An ORE storage error has been detected, and users should migrate now

On June 17, ORE detected a bug in the storage software and quickly responded to fix the issue. However, a security incident in the smart contract located on the Solana blockchain allowed hackers to steal 25.5 SOL tokens from the protocol’s payout mechanism, worth about $2,215.

“All user deposits are safe,” guarantees the ORE team after a security incident

ORE, a proof-of-work-like mining protocol on Solana, revealed details regarding the security incident through a post on X. The team confirmed that they had identified “An attack on the quota program leading to an unfair distribution of returnsHowever, the damage was small compared to recent cyberattacks on DeFi platforms.
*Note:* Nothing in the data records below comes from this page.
-- ===== src/TacticalMap/Projection/Inside.antt =====
-- app/map/projection.go: where the pixels of `Project` are.
use tac_os.Base.{
  ℕ, ◌<◌, zero, suc, ◌≡◌, refl, subst, arith, ℤ, pos, negsuc, int_ltb, is_positive, if◌then◌else◌,
  Bool, true, false, not, ◌||◌,
}
use tac_os.TacticalMap.Config.{Geo, Bounds, bounds_bad, outside}
use tac_os.TacticalMap.Projection.{
  Projected, at, outside_map, project_failed, ProjectError, invalid_bounds, bad_size,
  bad_coordinates, minus_one, clamp, pixel, project,
}

-- A point of an image with so many columns, or rows.
pub record IsInside (x size : ℤ) : Type 0 where
  pub not_before : int_ltb x (pos 0) ≡ false
  pub before_end : int_ltb x size ≡ true

-- What IEEE 754 promises of finite numbers, with rounding, also where a result underflows or
-- overflows; an integer up to 8192 is exact. No law has a NaN or an infinity as an operand.
pub record Rounding (F : Type 0) ⦃geo : Geo F⦄ : Type 0 where
  pub le_of_not_lt :
      (a b : F)
      → geo.is_finite a ≡ true
      → geo.is_finite b ≡ true
      → geo.less b a ≡ false
      → geo.less_eq a b ≡ true
  pub le_of_lt :
      (a b : F)
      → geo.is_finite a ≡ true
      → geo.is_finite b ≡ true
      → geo.less a b ≡ true
      → geo.less_eq a b ≡ true
  pub lt_of_not_le :
      (a b : F)
      → geo.is_finite a ≡ true
      → geo.is_finite b ≡ true
      → geo.less_eq b a ≡ false
      → geo.less a b ≡ true
  -- a difference has the sign that the order says, and is monotone
  pub sub_pos :
      (a b : F)
      → geo.is_finite a ≡ true
      → geo.is_finite b ≡ true
      → geo.less b a ≡ true
      → geo.less (geo.of_int (pos 0)) (geo.sub a b) ≡ true
  pub sub_nonneg :
      (a b : F)
      → geo.is_finite a ≡ true
      → geo.is_finite b ≡ true
      → geo.less_eq b a ≡ true
      → geo.less_eq (geo.of_int (pos 0)) (geo.sub a b) ≡ true
  -- a difference of degrees, with a up to m + 1 and b from -m - 1, does not overflow
  pub sub_finite :
      (a b : F) (m : ℕ)
      → m < 180
      → geo.is_finite a ≡ true
      → geo.is_finite b ≡ true
      → geo.less_eq b a ≡ true
      → geo.less b (geo.of_int (negsuc m)) ≡ false
      → geo.less (geo.of_int (pos (suc m))) a ≡ false
      → geo.is_finite (geo.sub a b) ≡ true
  pub sub_mono :
      (a b low : F)
      → geo.is_finite a ≡ true
      → geo.is_finite b ≡ true
      → geo.is_finite low ≡ true
      → geo.less_eq a b ≡ true
      → geo.less_eq (geo.sub a low) (geo.sub b low) ≡ true
  pub sub_anti :
      (a b high : F)
      → geo.is_finite a ≡ true
      → geo.is_finite b ≡ true
      → geo.is_finite high ≡ true
      → geo.less_eq a b ≡ true
      → geo.less_eq (geo.sub high b) (geo.sub high a) ≡ true
  pub div_unit :
      (n d : F)
      → geo.is_finite n ≡ true
      → geo.is_finite d ≡ true
      → geo.less_eq (geo.of_int (pos 0)) n ≡ true
      → geo.less_eq n d ≡ true
      → geo.less (geo.of_int (pos 0)) d ≡ true
      → (geo.less_eq (geo.of_int (pos 0)) (geo.div n d) ≡ true)
        × (geo.less_eq (geo.div n d) (geo.of_int (pos 1)) ≡ true)
  pub mul_scale :
      (t : F) (size : ℤ)
      → geo.less_eq (geo.of_int (pos 0)) t ≡ true
      → geo.less_eq t (geo.of_int (pos 1)) ≡ true
      → int_ltb (pos 8192) size ≡ false
      → is_positive size ≡ true
      → (geo.less_eq (geo.of_int (pos 0)) (geo.mul t (geo.of_int size)) ≡ true)
        × (geo.less_eq (geo.mul t (geo.of_int size)) (geo.of_int size) ≡ true)
  pub round_nonneg :
      (x : F) (size : ℤ)
      → geo.less_eq (geo.of_int (pos 0)) x ≡ true
      → geo.less_eq x (geo.of_int size) ≡ true
      → int_ltb (pos 8192) size ≡ false
      → int_ltb (geo.to_int (geo.round x)) (pos 0) ≡ false

clamp-IsInside :
    (x size : ℤ)
    → is_positive size ≡ true
    → int_ltb x (pos 0) ≡ false
    → IsInside (clamp x size) size
unfolding clamp minus_one int_ltb
clamp-IsInside (pos n) (pos zero) h k = cc
clamp-IsInside (pos n) (pos (suc m)) h k = ground arith
clamp-IsInside (negsuc n) (pos m) h k = cc
clamp-IsInside x (negsuc m) h k = cc

-- A test that gives an error or no point has failed where there is a point.
passed :
    (b : Bool) (e : ProjectError) (r : Projected) {x y : ℤ}
    → (if b then project_failed e else r) ≡ at x y
    → (b ≡ false) × (r ≡ at x y)
passed true e r h = absurd (never h)
  where
    never : {x y : ℤ} → project_failed e ≡ at x y → ⊥
    never k = cc
passed false e r h = (refl, h)

inside_test :
    (b : Bool) (r : Projected) {x y : ℤ}
    → (if b then outside_map else r) ≡ at x y
    → (b ≡ false) × (r ≡ at x y)
inside_test true r h = absurd (never h)
  where
    never : {x y : ℤ} → outside_map ≡ at x y → ⊥
    never k = cc
inside_test false r h = (refl, h)

at_x : {a b x y : ℤ} → at a b ≡ at x y → a ≡ x
at_x e = cc

at_y : {a b x y : ℤ} → at a b ≡ at x y → b ≡ y
at_y e = cc

module _ {F : Type 0} ⦃geo : Geo F⦄ (rounding : Rounding F) where
  pixel_nonneg :
      (offset range : F) (size : ℤ)
      → geo.is_finite offset ≡ true
      → geo.is_finite range ≡ true
      → geo.less_eq (geo.of_int (pos 0)) offset ≡ true
      → geo.less_eq offset range ≡ true
      → geo.less (geo.of_int (pos 0)) range ≡ true
      → int_ltb (pos 8192) size ≡ false
      → is_positive size ≡ true
      → int_ltb (pixel offset range size) (pos 0) ≡ false
  unfolding pixel
  pixel_nonneg offset range size fo fr low high wide small some_pixel =
      let (t_low, t_high) = rounding.div_unit offset range fo fr low high wide in
      let (x_low, x_high) =
        rounding.mul_scale (geo.div offset range) size t_low t_high small some_pixel in
      rounding.round_nonneg (geo.mul (geo.div offset range) (geo.of_int size)) size x_low x_high
        small

  -- the facts that the tests of `Project` leave about one axis
  axis_IsInside :
      (m : ℕ) (low high a : F) (size : ℤ)
      → m < 180
      → geo.less low (geo.of_int (negsuc m)) ≡ false
      → geo.less (geo.of_int (pos (suc m))) high ≡ false
      → geo.less a (geo.of_int (negsuc m)) ≡ false
      → geo.less (geo.of_int (pos (suc m))) a ≡ false
      → geo.is_finite low ≡ true
      → geo.is_finite high ≡ true
      → geo.is_finite a ≡ true
      → geo.less_eq high low ≡ false
      → geo.less a low ≡ false
      → geo.less high a ≡ false
      → int_ltb (pos 8192) size ≡ false
      → is_positive size ≡ true
      → IsInside (clamp (pixel (geo.sub a low) (geo.sub high low) size) size) size
        × IsInside (clamp (pixel (geo.sub high a) (geo.sub high low) size) size) size
  axis_IsInside m low high a size degrees l_min h_max a_min a_max fl fh fa wide above below small
        some_pixel =
      let narrow = rounding.lt_of_not_le low high fl fh wide in
      let range_pos = rounding.sub_pos high low fh fl narrow in
      let low_a = rounding.le_of_not_lt low a fl fa above in
      let a_high = rounding.le_of_not_lt a high fa fh below in
      let low_high = rounding.le_of_lt low high fl fh narrow in
      let range_finite = rounding.sub_finite high low m degrees fh fl low_high l_min h_max in
      (
        clamp-IsInside _ size some_pixel (
            pixel_nonneg (geo.sub a low) (geo.sub high low) size
              (rounding.sub_finite a low m degrees fa fl low_a l_min a_max) range_finite
              (rounding.sub_nonneg a low fa fl low_a) (rounding.sub_mono a high low fa fh fl a_high)
              range_pos small some_pixel),
        clamp-IsInside _ size some_pixel (
            pixel_nonneg (geo.sub high a) (geo.sub high low) size
              (rounding.sub_finite high a m degrees fh fa a_high a_min h_max) range_finite
              (rounding.sub_nonneg high a fh fa a_high)
              (rounding.sub_anti low a high fl fa fh low_a) range_pos small some_pixel),
      )

  -- both axes, from the tests of `Project`
  axes_IsInside :
      (b : Bounds F) (width height : ℤ) (latitude longitude : F)
      → bounds_bad b ≡ false
      → (not (is_positive width)
          || not (is_positive height)
          || int_ltb (pos 8192) width
          || int_ltb (pos 8192) height)
        ≡ false
      → (not (geo.is_finite latitude)
          || not (geo.is_finite longitude)
          || outside latitude (negsuc 89) (pos 90)
          || outside longitude (negsuc 179) (pos 180))
        ≡ false
      → (geo.less latitude b.lat_min
          || geo.less b.lat_max latitude
          || geo.less longitude b.lon_min
          || geo.less b.lon_max longitude)
        ≡ false
      → IsInside
          (clamp (pixel (geo.sub longitude b.lon_min) (geo.sub b.lon_max b.lon_min) width) width)
          width
        × IsInside
            (clamp (pixel (geo.sub b.lat_max latitude) (geo.sub b.lat_max b.lat_min) height) height)
            height
  unfolding bounds_bad
  axes_IsInside b width height latitude longitude bounds_ok size_ok finite_ok inside_ok = (
    (axis_IsInside 179 b.lon_min b.lon_max longitude width (omega arith) (ground arith)
        (ground arith) (ground arith) (ground arith) (ground arith) (ground arith) (ground arith)
        (ground arith) (ground arith) (ground arith) (ground arith) (ground arith)).0,
    (axis_IsInside 89 b.lat_min b.lat_max latitude height (omega arith) (ground arith)
        (ground arith) (ground arith) (ground arith) (ground arith) (ground arith) (ground arith)
        (ground arith) (ground arith) (ground arith) (ground arith) (ground arith)).1,
  )

  -- A point that `Project` returns is a pixel of the image: it is at least 0 and less than the width
  -- and the height, also for a target on the east or south edge, if floating point follows IEEE 754.
  pub project-IsInside :
      (b : Bounds F) (width height : ℤ) (latitude longitude : F) {x y : ℤ}
      → project b width height latitude longitude ≡ at x y
      → IsInside x width × IsInside y height
  unfolding project
  project-IsInside b width height latitude longitude h =
      let (bounds_ok, h1) = passed (bounds_bad b) invalid_bounds _ h in
      let (size_ok, h2) = passed _ bad_size _ h1 in
      let (finite_ok, h3) = passed _ bad_coordinates _ h2 in
      let (inside_ok, h4) = inside_test _ _ h3 in
      let (x_in, y_in) =
        axes_IsInside b width height latitude longitude bounds_ok size_ok finite_ok inside_ok in
      (subst (λ c. IsInside c width) (at_x h4) x_in, subst (λ c. IsInside c height) (at_y h4) y_in)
The team confirmed that “All user deposits are safe. There is no risk of losing money.”

Raw protocol He explained This security incident is related to an isolated smart contract flaw in the staking software, and did not affect the network or the main mining system. “The stake program isolates users’ funds. Each stake account has an independent token, which means the attacker could not steal deposits from other users. The stake program has sufficient reserves to cover all valid user deposits and return claims. “The impact was limited only to unfair distribution of revenue,” the official post shared on X said.

In the protocol, users share their SOL or ORE tokens Smart contracts Related to the protocol’s network-based mining game. In this mining space, miners work on a 5×5 grid to generate rewards. Apart from this, the staking mechanism on the protocol allows them to generate returns. However, like many other DeFi protocols, it carries some risks if smart contracts are not fully audited.

The ORE protocol asks users to migrate to the new smart contract

According to the official statement, the bug was found in the smart contract code of the staking software. Using this bug, hackers unfairly claimed 25.5 SOL tokens after inflating them. Register stake balance without actually depositing tokens. This is a very small amount compared to major hacks, and the ORE team was able to avoid further exploitation of the protocol through quick security measures.

The team stated that staking contracts for individual users were not affected by the cyber attack, and no significant funds were stolen from the user.

After noticing the problem, the ORE protocol administrators quickly froze everything Revenue transfers from mining program to staking program on June 15, 2026. During this time, pirates The quota balance swelled by about 6% of the total quota pool.

In order to avoid any further exploitation of funds, the team suggested that all users who have existing stakes in old smart contracts should withdraw their funds, and should move to a new stake contract to earn rewards.

Apart from this, the Storage of Raw Liquids (Store) Program It is also frozen and depends on the affected quota program. The ORE team also created a new contract for the store code as part of the migration. This means that users who have STORE tokens will also need to exchange them for new store mint as part of the process.

The post stated:Funds held in the stake program are secured by user wallets alone. Protocol maintainers do not have upgrade authority over staking or storage contracts, and therefore cannot migrate stake on behalf of users. A one-click migration process is provided a class Official ORE application page.

This cyberattack is a classic smart contract bug, most likely related to issues like account mishandling, replenishment attacks that reuse closed accounts, or validation gaps, which are common in Solana. In the past, ORE also encountered network congestion due to high user demand; However, it has been fixed on 2nd edition with better mechanics.

In the past few months, the DeFi sector has faced major cyberattacks, including Seaweed dao The attack in which users lost millions of dollars, affecting the overall DeFi system.